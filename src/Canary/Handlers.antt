-- ===== src/Canary/Handlers.antt =====
-- The handlers of honeytrap/listener/canary/canary_linux.go: `handleTCP` as a whole, `handleUDP`,
-- `handleICMP`, `handleARP`, and what `Start` does with a frame it has read. The goroutine of
-- `handleUDP` stands as what it does first: call the decoder of the port, or send a knock.
pub mod Tables
pub mod Changes
pub mod Soundness
use dynamic_labyrinth.Base.{
  ℕ, ◌+◌, Bool, true, false, not, ◌&&◌, ◌||◌, Option, none, some, List, [], ◌∷◌, ◌++◌, length,
  get_elem?, set, ◌==◌, if◌then◌else◌, Outcome, ok, err, panic, ◌>>=◌,
}
use dynamic_labyrinth.Base.Ip.{Ip}
use dynamic_labyrinth.Packet.Ethernet
use dynamic_labyrinth.Packet.Arp
use dynamic_labyrinth.Packet.Icmp
use dynamic_labyrinth.Packet.Udp
use dynamic_labyrinth.Packet.Ipv4
use dynamic_labyrinth.Packet.Ipv4.{Platform}
use dynamic_labyrinth.Packet.Tcp
use dynamic_labyrinth.Packet.Tcp.{syn, ack, has_flag}
use dynamic_labyrinth.Packet.Segment.{
  Refusal, invalid_checksum, malformed, to4byte, unmarshal_with_checksum,
}
use dynamic_labyrinth.Canary.Types.{State, listen, Env, new_state, is_me}
use dynamic_labyrinth.Canary.Send.{Effect, removed}
use dynamic_labyrinth.Canary.StateTable.{Heap, Table, add, get, remove}
use dynamic_labyrinth.Canary.Machine.{Proc, handle_segment}

-- The States that the listener has made, and its table.
pub record Node : Type 0 where
  pub heap : Heap
  pub table : Table

-- What a handler reports besides the effects of the TCP machine.
pub data Report : Type 0 where
  tcp : Effect → Report
  -- c.knockChan, with the destination port
  knock_udp : Ip → Ip → ℕ → Report
  knock_icmp : Ip → Ip → Report
  -- the decoder of this port, on the payload
  decode_udp : ℕ → List ℕ → Report
  -- an event of this category
  udp_event : Udp.Header → Report
  arp_event : Arp.Frame → Report

abbrev pub Handled : Type 0
Handled = Outcome (Unit {0}) (Node × List Report)

-- The draws of `NewState` and the time.
pub record Draw : Type 0 where
  pub random_id : ℕ
  pub random_iss : ℕ
  pub now : ℕ

abbrev pub is_removed : Effect → Bool
is_removed removed = true
is_removed _ = false

-- c.stateTable.Remove(state), for every time that the machine has called it.
unfoldable pub apply_removes : ℕ → List Effect → Table → Table
apply_removes p [] table = table
apply_removes p (e ∷ es) table = apply_removes p es (if is_removed e then remove p table else table)

unfoldable pub reports : List Effect → List Report
reports [] = []
reports (e ∷ es) = tcp e ∷ reports es

-- The ports that have a decoder.
abbrev pub has_decoder : ℕ → Bool
has_decoder port =
    port == 53 || (port == 123 || (port == 1900 || (port == 5060 || (port == 161 || port == 162))))

-- `Start` drops the error of a handler.
abbrev pub drop_error : Node → Handled → Handled
drop_error node (ok r) = ok r
drop_error node (err e) = ok (node, [])
drop_error node panic = panic

module _ (platform : Platform) (env : Env) (draw : Draw) where
  -- The rest of `handleTCP`, on the State that a pointer leads to.
  unfoldable pub run_state : Node → Tcp.Header → ℕ → Handled
  run_state node hdr p = elim (get_elem? node.heap p) [
    | none ↦ panic
    | some s ↦ handle_segment platform env hdr draw.now s >>= λ proc. ok (
      record { heap = set node.heap p proc.state; table = apply_removes p proc.effects node.table },
      reports proc.effects,
    )
  ]

  -- A SYN without ACK makes a State in LISTEN, whether or not one was found.
  unfoldable pub accept_segment : Node → Ipv4.Header → Tcp.Header → Handled
  accept_segment node iph hdr =
      let s =
        new_state iph.src hdr.source iph.dst hdr.destination draw.random_id draw.random_iss
          draw.now in
      let heap = node.heap ++ (record s { state = listen } ∷ []) in
      let p = length node.heap in
      if has_flag hdr syn && not (has_flag hdr ack)
      then (add heap draw.now p node.table >>= λ table.
          run_state (record { heap = heap; table = table }) hdr p)
      else elim (get node.heap node.table iph.src iph.dst hdr.source hdr.destination) [
        | none ↦ ok (node, [])
        | some q ↦ run_state node hdr q
      ]

  -- The checks on the address and on port 22.
  unfoldable pub filter_segment : Node → Ipv4.Header → Tcp.Header → Handled
  filter_segment node iph hdr =
      if not (is_me env.interfaces iph.dst)
      then ok (node, [])
      else (if hdr.source == 22 || hdr.destination == 22
          then ok (node, [])
          else accept_segment node iph hdr)

  -- A wrong checksum is let through; any other error ends the handler.
  unfoldable pub handle_parsed :
      Node → Ipv4.Header → Outcome Tcp.Stuck (Tcp.Header × Option Refusal) → Handled
  handle_parsed node iph (ok (hdr, none)) = filter_segment node iph hdr
  handle_parsed node iph (ok (hdr, some invalid_checksum)) = filter_segment node iph hdr
  handle_parsed node iph (ok (hdr, some (malformed e))) = err tt
  handle_parsed node iph (err e) = err tt
  handle_parsed node iph panic = panic

  unfoldable pub handle_tcp : Node → Ipv4.Header → List ℕ → Handled
  handle_tcp node iph bytes =
      handle_parsed node iph (
        to4byte iph.dst >>= λ src. to4byte iph.src >>= λ dst. unmarshal_with_checksum bytes src dst)

  unfoldable pub handle_udp : Node → Ipv4.Header → List ℕ → Handled
  handle_udp node iph bytes = elim (Udp.unmarshal bytes) [
    | err e ↦ ok (node, [])
    | panic ↦ panic
    | ok hdr ↦
        if not (is_me env.interfaces iph.dst)
        then ok (node, [])
        else (if has_decoder hdr.destination
            then ok (node, decode_udp hdr.destination hdr.payload ∷ [])
            else ok (node, knock_udp iph.src iph.dst hdr.destination ∷ udp_event hdr ∷ []))
  ]

  unfoldable pub handle_icmp : Node → Ipv4.Header → List ℕ → Handled
  handle_icmp node iph bytes = elim (Icmp.parse bytes) [
    | err e ↦ err tt
    | panic ↦ panic
    | ok i ↦
        if is_me env.interfaces iph.dst
        then ok (node, knock_icmp iph.src iph.dst ∷ [])
        else ok (node, [])
  ]

  unfoldable pub handle_arp : Node → List ℕ → Handled
  handle_arp node bytes = elim (Arp.parse bytes) [
    | err e ↦ err tt
    | panic ↦ panic
    | ok f ↦ ok (node, arp_event f ∷ [])
  ]

  -- The switch on the protocol.
  unfoldable pub handle_ip : Node → Ipv4.Header → Handled
  handle_ip node iph =
      if iph.protocol == 1
      then handle_icmp node iph iph.payload
      else (if iph.protocol == 6
          then handle_tcp node iph iph.payload
          else (if iph.protocol == 17 then handle_udp node iph iph.payload else ok (node, [])))

  -- The branches of the loop of `Start` on a parsed frame; `do_arp` is the option of the listener.
  unfoldable pub handle_frame : Bool → Node → Ethernet.Frame → Handled
  handle_frame do_arp node eh =
      if eh.type == 2054 && do_arp
      then drop_error node (handle_arp node eh.payload)
      else (if eh.type == 2048
          then elim (Ipv4.parse platform eh.payload) [
            | err e ↦ ok (node, [])
            | panic ↦ panic
            | ok iph ↦ drop_error node (handle_ip node iph)
          ]
          else ok (node, []))

  -- What the loop of `Start` does with one frame that it has read.
  unfoldable pub receive : Bool → Node → List ℕ → Handled
  receive do_arp node [] = ok (node, [])
  receive do_arp node (b ∷ bytes) = elim (Ethernet.parse (b ∷ bytes)) [
    | err e ↦ ok (node, [])
    | panic ↦ panic
    | ok eh ↦ handle_frame do_arp node eh
  ]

◇ ◇ ◇ ◇ ◇ ◇ ◇

§ **Work to complete**:
Please restate, word for word, the lines of the entries that run from the first line through the one holding "The goroutine of", and add nothing.

§ **Response below**:
filename src/Canary/Handlers.antt
-- ===== src/Canary/Handlers.antt =====
-- The handlers of honeytrap/listener/canary/canary_linux.go: `handleTCP` as a whole, `handleUDP`,
-- `handleICMP`, `handleARP`, and what `Start` does with a frame it has read. The goroutine of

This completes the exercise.